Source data
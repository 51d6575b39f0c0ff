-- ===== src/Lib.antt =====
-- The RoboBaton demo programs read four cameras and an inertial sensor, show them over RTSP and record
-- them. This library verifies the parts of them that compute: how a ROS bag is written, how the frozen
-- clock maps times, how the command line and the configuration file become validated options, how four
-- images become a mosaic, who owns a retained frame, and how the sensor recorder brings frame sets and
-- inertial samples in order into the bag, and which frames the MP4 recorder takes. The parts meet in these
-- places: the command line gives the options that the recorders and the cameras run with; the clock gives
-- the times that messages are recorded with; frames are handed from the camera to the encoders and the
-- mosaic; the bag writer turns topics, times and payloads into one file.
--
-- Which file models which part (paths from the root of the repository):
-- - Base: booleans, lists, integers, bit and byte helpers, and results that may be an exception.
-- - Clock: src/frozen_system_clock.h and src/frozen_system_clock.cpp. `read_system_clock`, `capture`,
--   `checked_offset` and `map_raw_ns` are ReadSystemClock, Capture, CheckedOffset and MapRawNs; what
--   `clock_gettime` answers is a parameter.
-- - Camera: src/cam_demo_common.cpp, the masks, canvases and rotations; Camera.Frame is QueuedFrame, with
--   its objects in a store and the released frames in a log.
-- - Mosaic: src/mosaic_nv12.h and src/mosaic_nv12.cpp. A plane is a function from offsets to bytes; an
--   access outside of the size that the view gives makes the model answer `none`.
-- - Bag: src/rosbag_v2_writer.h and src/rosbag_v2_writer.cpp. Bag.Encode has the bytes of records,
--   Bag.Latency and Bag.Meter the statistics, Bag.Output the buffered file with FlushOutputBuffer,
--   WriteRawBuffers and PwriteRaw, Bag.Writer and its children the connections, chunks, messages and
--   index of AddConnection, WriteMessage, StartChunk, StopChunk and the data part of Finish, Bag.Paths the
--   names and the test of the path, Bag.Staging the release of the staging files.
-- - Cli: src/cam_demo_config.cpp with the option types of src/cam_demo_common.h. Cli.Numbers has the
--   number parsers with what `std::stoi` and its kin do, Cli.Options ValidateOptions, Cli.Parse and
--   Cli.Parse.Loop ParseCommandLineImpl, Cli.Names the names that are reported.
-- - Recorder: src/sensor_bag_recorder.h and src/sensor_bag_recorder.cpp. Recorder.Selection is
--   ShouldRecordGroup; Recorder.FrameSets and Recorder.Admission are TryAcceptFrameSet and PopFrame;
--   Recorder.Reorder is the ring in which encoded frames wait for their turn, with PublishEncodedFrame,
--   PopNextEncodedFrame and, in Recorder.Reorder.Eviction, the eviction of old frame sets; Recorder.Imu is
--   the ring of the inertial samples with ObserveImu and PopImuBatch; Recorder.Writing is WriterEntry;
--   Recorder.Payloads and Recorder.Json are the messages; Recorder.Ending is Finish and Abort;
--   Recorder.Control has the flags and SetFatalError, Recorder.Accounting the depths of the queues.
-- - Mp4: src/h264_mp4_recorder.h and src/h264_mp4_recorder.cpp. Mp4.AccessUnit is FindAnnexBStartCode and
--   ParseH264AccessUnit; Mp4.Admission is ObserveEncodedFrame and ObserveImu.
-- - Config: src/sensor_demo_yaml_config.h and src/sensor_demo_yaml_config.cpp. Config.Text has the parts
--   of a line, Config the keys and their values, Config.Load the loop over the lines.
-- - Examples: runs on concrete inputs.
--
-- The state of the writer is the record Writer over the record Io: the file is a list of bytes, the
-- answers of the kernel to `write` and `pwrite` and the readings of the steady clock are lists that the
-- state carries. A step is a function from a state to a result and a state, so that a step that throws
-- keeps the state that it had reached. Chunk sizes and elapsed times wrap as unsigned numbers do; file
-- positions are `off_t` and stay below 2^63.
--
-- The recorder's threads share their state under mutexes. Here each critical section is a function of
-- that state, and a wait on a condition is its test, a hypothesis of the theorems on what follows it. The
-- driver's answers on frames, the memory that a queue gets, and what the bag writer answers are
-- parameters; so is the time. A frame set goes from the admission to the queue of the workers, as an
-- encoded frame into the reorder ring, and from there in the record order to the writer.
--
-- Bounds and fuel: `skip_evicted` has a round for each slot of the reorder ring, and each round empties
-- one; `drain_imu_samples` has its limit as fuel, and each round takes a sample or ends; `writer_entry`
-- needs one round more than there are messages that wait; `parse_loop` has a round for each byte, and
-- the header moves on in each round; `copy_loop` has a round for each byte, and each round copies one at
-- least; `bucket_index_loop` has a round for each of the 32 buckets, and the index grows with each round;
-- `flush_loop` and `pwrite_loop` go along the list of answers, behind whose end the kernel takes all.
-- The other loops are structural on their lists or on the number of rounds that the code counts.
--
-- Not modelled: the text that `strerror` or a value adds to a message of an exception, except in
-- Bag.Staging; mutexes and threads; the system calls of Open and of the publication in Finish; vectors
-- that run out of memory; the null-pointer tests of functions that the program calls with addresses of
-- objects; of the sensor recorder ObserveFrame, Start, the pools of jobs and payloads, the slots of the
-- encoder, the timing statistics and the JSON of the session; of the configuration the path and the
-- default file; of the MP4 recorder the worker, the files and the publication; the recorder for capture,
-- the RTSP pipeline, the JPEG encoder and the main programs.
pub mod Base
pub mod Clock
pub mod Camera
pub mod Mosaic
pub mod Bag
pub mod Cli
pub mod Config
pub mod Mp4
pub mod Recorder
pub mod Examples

---

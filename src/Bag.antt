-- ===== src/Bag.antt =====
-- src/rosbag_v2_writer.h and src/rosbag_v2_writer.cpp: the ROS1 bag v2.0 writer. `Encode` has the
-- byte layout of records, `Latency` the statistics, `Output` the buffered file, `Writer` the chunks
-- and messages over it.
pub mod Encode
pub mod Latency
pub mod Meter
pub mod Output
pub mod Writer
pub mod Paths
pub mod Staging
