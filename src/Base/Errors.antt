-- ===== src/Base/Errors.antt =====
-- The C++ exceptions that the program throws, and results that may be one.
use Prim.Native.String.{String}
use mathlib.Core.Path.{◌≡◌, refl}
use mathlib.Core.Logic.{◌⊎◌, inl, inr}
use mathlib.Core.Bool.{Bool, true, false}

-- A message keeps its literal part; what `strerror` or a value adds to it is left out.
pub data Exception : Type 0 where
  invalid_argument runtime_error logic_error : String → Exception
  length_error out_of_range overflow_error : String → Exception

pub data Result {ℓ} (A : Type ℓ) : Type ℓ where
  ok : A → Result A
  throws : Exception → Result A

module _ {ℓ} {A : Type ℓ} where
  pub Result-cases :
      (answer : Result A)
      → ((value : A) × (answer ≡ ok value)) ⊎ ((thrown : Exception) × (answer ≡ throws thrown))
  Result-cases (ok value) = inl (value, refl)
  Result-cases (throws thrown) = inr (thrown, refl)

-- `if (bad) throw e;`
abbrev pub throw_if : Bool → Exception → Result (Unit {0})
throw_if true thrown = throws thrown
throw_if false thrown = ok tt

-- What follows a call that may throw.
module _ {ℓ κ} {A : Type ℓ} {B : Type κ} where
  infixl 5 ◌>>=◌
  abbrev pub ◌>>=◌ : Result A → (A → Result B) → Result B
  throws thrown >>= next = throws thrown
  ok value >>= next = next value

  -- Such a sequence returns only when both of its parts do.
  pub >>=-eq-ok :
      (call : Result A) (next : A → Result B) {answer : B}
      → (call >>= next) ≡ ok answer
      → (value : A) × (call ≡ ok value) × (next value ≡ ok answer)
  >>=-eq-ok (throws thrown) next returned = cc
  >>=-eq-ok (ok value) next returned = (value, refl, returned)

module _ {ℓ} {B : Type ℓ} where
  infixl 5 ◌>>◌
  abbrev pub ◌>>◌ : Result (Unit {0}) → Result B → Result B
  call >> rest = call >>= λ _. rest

→ HOW TO COMPLETE THIS TASK
Please return every line of the records above that contains the word "there".

→ EXERCISE RESULT
-- encoded frame into the reorder ring, and from there in the record order to the writer.
-- needs one round more than there are messages that wait; `parse_loop` has a round for each byte, and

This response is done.